A special examination recently occurred in the Meander Medical Center. A nearly 1,000 year old mummy received a CT scan and had samples taken with an endoscope. Several hospital employees helped with this unique project in their free time.

The leader of this study is the Amersfoort resident Erik Bruijn, an expert in the field of Buddhist art and culture and guest curator at the World Museum in Rotterdam. Gastrointestinal and liver doctor Reinoud Vermeijden and radiologist Ben Heggelman received the Chinese mummy at the hospital for internal examination on September 3rd.
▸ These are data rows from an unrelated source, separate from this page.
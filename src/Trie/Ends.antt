-- ===== src/Trie/Ends.antt =====
-- What a change of a trie comes to (`insert`, `delete`: trie/trie.go): the statement the proofs go
-- through with, and how it passes from a child to its parent.
use mjoy_go.Base.{
  ℕ, suc, ◌+◌, ◌<◌, ◌≡◌, refl, Bool, true, false, Option, none, some, List, [], ◌∷◌, ◌++◌, length,
  ltb, ◌==◌, ==_cases, ==_self, if◌then◌else◌, Bool-cases, Option-cases, inl, inr, subst,
}
use mjoy_go.State.Types.{Read}
use mjoy_go.Trie.Node.{Flag, Node, short_node, full_node, hash_node, Children, at}
use mjoy_go.Trie.Walk.{done, missing_node, panic, exhausted, Changed, equal, strip}
use mjoy_go.Trie.Change.{rebuilt}
use mjoy_go.Trie.Find.{lost, find, find_after, after, nonempty, Fits, FitsAll}
use mjoy_go.Trie.Keys.{equal-append, after-append, strip_sound}
use mjoy_go.Trie.Short.{updated, kid, find-short, find-full}

-- A node that has changed is right; one that has not is right as it was, too. No panic; where a node
-- is missing or the fuel ends, there is a reason.
abbrev pub Ends : (Node → Type 0) → Node → (ℕ → Type 0) → Type 0 → Changed → Type 0
Ends Right n Miss Out (done (true, m)) = Right m
Ends Right n Miss Out (done (false, m)) = Right m × Right n
Ends Right n Miss Out (missing_node h p) = Miss h
Ends Right n Miss Out panic = ⊥
Ends Right n Miss Out exhausted = Out

-- The nibbles a key may still take: two calls for each, and one more for a hash.
abbrev pub weight : Node → ℕ
weight (hash_node h) = 1
weight n = 0

abbrev pub Enough : ℕ → List ℕ → Node → Type 0
Enough fuel key n = fuel < suc (length key + length key + weight n)

pub after-tail :
    (y : ℕ) (q : List ℕ) (e : Bool)
    → after false (y ∷ q) ≡ some e
    → (ltb y 17 ≡ true) × (after (y == 16) q ≡ some e)
after-tail y q e h = elim (Bool-cases (ltb y 17)) [
  | inl s ↦ (s, rw s at h)
  | inr s ↦ let bad : none ≡ some e = rw s at h in cc
]

module _ (load : ℕ → Read Node) where
  -- The same answers to every key that fits.
  abbrev pub Same : Bool → Node → Node → Type 0
  Same e n m = Fits e m × ((q : List ℕ) → after e q ≡ some true → find load q m ≡ find load q n)

  -- A key that the node has no answer to, since a node is missing.
  abbrev pub Lost : Bool → Node → ℕ → Type 0
  Lost e n h = (q : List ℕ) × (after e q ≡ some true) × (find load q n ≡ lost h)

  -- Behind the node the key has got the new answer, and every other key has kept its answer.
  abbrev pub Behind : Bool → List ℕ → Option (List ℕ) → Node → Node → Type 0
  Behind e key new n m =
      (q : List ℕ)
      → after e q ≡ some true
      → find load q m ≡ updated (equal q key) new (find load q n)

  abbrev pub Right : Bool → List ℕ → Option (List ℕ) → Node → Node → Type 0
  Right e key new n m = Fits e m × Behind e key new n m

  module _ (gen : ℕ) where
    pub rebuilt-Ends :
        (R S : Node → Type 0)
        → (L M : ℕ → Type 0) → (O P : Type 0) → (c n old : Node) (f : Node → Changed) (r : Changed)
        → Ends R c L O r
        → ((c' : Node) → R c' → Ends S old M P (f c'))
        → (R c → S n × S old)
        → ((h : ℕ) → L h → M h)
        → (O → P)
        → Ends S old M P (rebuilt load gen n f r)
    rebuilt-Ends R S L M O P c n old f (done (true, m)) ends change keep miss out = change m ends
    rebuilt-Ends R S L M O P c n old f (done (false, m)) ends change keep miss out = keep (ends.1)
    rebuilt-Ends R S L M O P c n old f (missing_node h p) ends change keep miss out = miss h ends
    rebuilt-Ends R S L M O P c n old f panic ends change keep miss out = ends
    rebuilt-Ends R S L M O P c n old f exhausted ends change keep miss out = out ends

  pub find-short_node :
      (k : List ℕ) (c : Node) (f : Flag) (q : List ℕ)
      → nonempty k ≡ true
      → find load q (short_node k c f) ≡ find_after load (strip k q) c
  find-short_node [] c f q h = cc
  find-short_node (y ∷ k) c f q h = find-short load y k c f q

  -- Through a key part: the keys that do not take it have no value either way.
  pub Behind-strip :
      (e e' : Bool) (k rest : List ℕ) (new : Option (List ℕ)) (c c' : Node)
      → after e k ≡ some e'
      → Behind e' rest new c c'
      → (q : List ℕ) → after e q ≡ some true
      → find_after load (strip k q) c'
        ≡ updated (equal q (k ++ rest)) new (find_after load (strip k q) c)
  Behind-strip e e' k rest new c c' hk behind q hq =
      rw (equal-append k rest q) (elim (Option-cases (strip k q)) [
        | inl s ↦ rw s
        | inr (r, s) ↦ rw s (
            behind r (
              let whole : after e (k ++ r) ≡ some true = rw (strip_sound k q r s) at hq in
              rw (after-append e k r, hk) at whole))
      ])

  pub short-Right :
      (e e' : Bool) (k rest : List ℕ) (new : Option (List ℕ)) (c c' : Node) (f g : Flag)
      → nonempty k ≡ true
      → after e k ≡ some e'
      → Right e' rest new c c'
      → Right e (k ++ rest) new (short_node k c f) (short_node k c' g)
  unfolding Fits
  short-Right e e' k rest new c c' f g some_k hk (fits, behind) = (
    (some_k, (e', hk, fits)),
    λ q hq.
        rw (find-short_node k c' g q some_k, find-short_node k c f q some_k)
          (Behind-strip e e' k rest new c c' hk behind q hq),
  )

  -- Through a full node.
  pub full-Right :
      (x : ℕ) (rest : List ℕ) (new : Option (List ℕ)) (c c' : Node) (cs ds : Children) (f g : Flag)
      → FitsAll 0 ds
      → at x cs ≡ some c
      → ((y : ℕ) → kid y ds ≡ (if y == x then c' else kid y cs))
      → Behind (x == 16) rest new c c'
      → Right false (x ∷ rest) new (full_node cs f) (full_node ds g)
  unfolding Fits
  full-Right x rest new c c' cs ds f g all hx kids behind = ((refl, all), one)
    where
      one : Behind false (x ∷ rest) new (full_node cs f) (full_node ds g)
      one [] hq = cc
      one (y ∷ q) hq =
          let (small, hq') = after-tail y q true hq in
          rw (find-full load y q ds g, find-full load y q cs f, kids y)
            (elim (==_cases y x) [
              | inl e ↦
                  rw (e, ==_self x, hx)
                    (behind q (subst (λ t. after (t == 16) q ≡ some true) e hq'))
              | inr e ↦ rw e
            ])
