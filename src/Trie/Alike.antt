-- ===== src/Trie/Alike.antt =====
-- Nodes that answer the same keys alike, from a child to its parent (trie/trie.go, `tryGet`).
use mjoy_go.Base.{
  ℕ, ◌≡◌, refl, Bool, true, false, some, List, [], ◌∷◌, ◌++◌, ◌==◌, ==_cases, ==_self, Option-cases,
  inl, inr, ◌∙◌, sym, arith, subst,
}
use mjoy_go.State.Types.{Read, entry}
use mjoy_go.Trie.Node.{Flag, Node, short_node, full_node, hash_node, Children, at, put}
use mjoy_go.Trie.Walk.{strip}
use mjoy_go.Trie.Find.{find, after, nonempty, is_hash, Fits, FitsAll}
use mjoy_go.Trie.Keys.{after-append, strip_sound}
use mjoy_go.Trie.Short.{find-full, find-hash}
use mjoy_go.Trie.Kids.{kid-put, put-FitsAll}
use mjoy_go.Trie.Ends.{Same, find-short_node, after-tail}

module _ (load : ℕ → Read Node) where
  pub Same-self : (e : Bool) (n : Node) → Fits e n → Same load e n n
  Same-self e n fits = (fits, λ q hq. refl)

  pub short-Same :
      (e e' : Bool) (k : List ℕ) (c c' : Node) (f g : Flag)
      → nonempty k ≡ true
      → after e k ≡ some e'
      → Same load e' c c'
      → Same load e (short_node k c f) (short_node k c' g)
  unfolding Fits
  short-Same e e' k c c' f g some_k hk (fits, same) = (
    (some_k, (e', hk, fits)),
    λ q hq.
        rw (find-short_node load k c' g q some_k, find-short_node load k c f q some_k)
          (elim (Option-cases (strip k q)) [
            | inl s ↦ rw s
            | inr (r, s) ↦ rw s (
                same r (
                  let whole : after e (k ++ r) ≡ some true = rw (strip_sound k q r s) at hq in
                  rw (after-append e k r, hk) at whole))
          ]),
  )

  pub full-Same :
      (x : ℕ) (c c' : Node) (cs : Children) (f g : Flag)
      → FitsAll 0 cs
      → at x cs ≡ some c
      → Same load (x == 16) c c'
      → Same load false (full_node cs f) (full_node (put x c' cs) g)
  unfolding Fits
  full-Same x c c' cs f g all hx (fits, same) =
      ((refl, put-FitsAll 0 x x c' cs all (omega arith) fits), one)
    where
      one :
          (q : List ℕ)
          → after false q ≡ some true
          → find load q (full_node (put x c' cs) g) ≡ find load q (full_node cs f)
      one [] hq = cc
      one (y ∷ q) hq =
          let (small, hq') = after-tail y q true hq in
          rw (find-full load y q (put x c' cs) g, find-full load y q cs f, kid-put x y c' c cs hx)
            (elim (==_cases y x) [
              | inl e ↦
                  rw (e, ==_self x, hx) (same q (subst (λ t. after (t == 16) q ≡ some true) e hq'))
              | inr e ↦ rw e
            ])

  pub hash-Same :
      (h : ℕ) (n m : Node)
      → load h ≡ entry n
      → is_hash n ≡ false
      → Same load false n m
      → Same load false (hash_node h) m
  hash-Same h n m e flat (fits, same) = (fits, one)
    where
      one : (q : List ℕ) → after false q ≡ some true → find load q m ≡ find load q (hash_node h)
      one [] hq = cc
      one (y ∷ q) hq = same (y ∷ q) hq ∙ sym (find-hash load y q h n e flat)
The mummy was part of the Mummies exhibition earlier this year and dates from the 11th or 12th century. The mummy is the mummified body of the Buddhist master Liuquan, who belonged to the Chinese Meditation School. The discovery of the mummy is of great cultural significance. It is not only the only one of its kind, but also the only Chinese Buddhist mummy that is available for scientific research in the West.

With an endoscope made specially available by Surgical Technologies in Didam, Vermeijden took samples of a yet unidentified material and examined the thoracic and abdominal cavities. He made a spectacular discovery - among all kinds of rotten material in the space where there had one been organs, he found paper scraps that are printed with ancient Chinese characters. Heggelman took a CT scan that beautifully shows how the mummy looks inside and took samples of bone material for DNA testing. The research will be published in the monograph that will appear on Master Liuquan. The mummy has since been taken to Hungary where it will be on display at the National Museum of Natural History in Budapest until May 2015.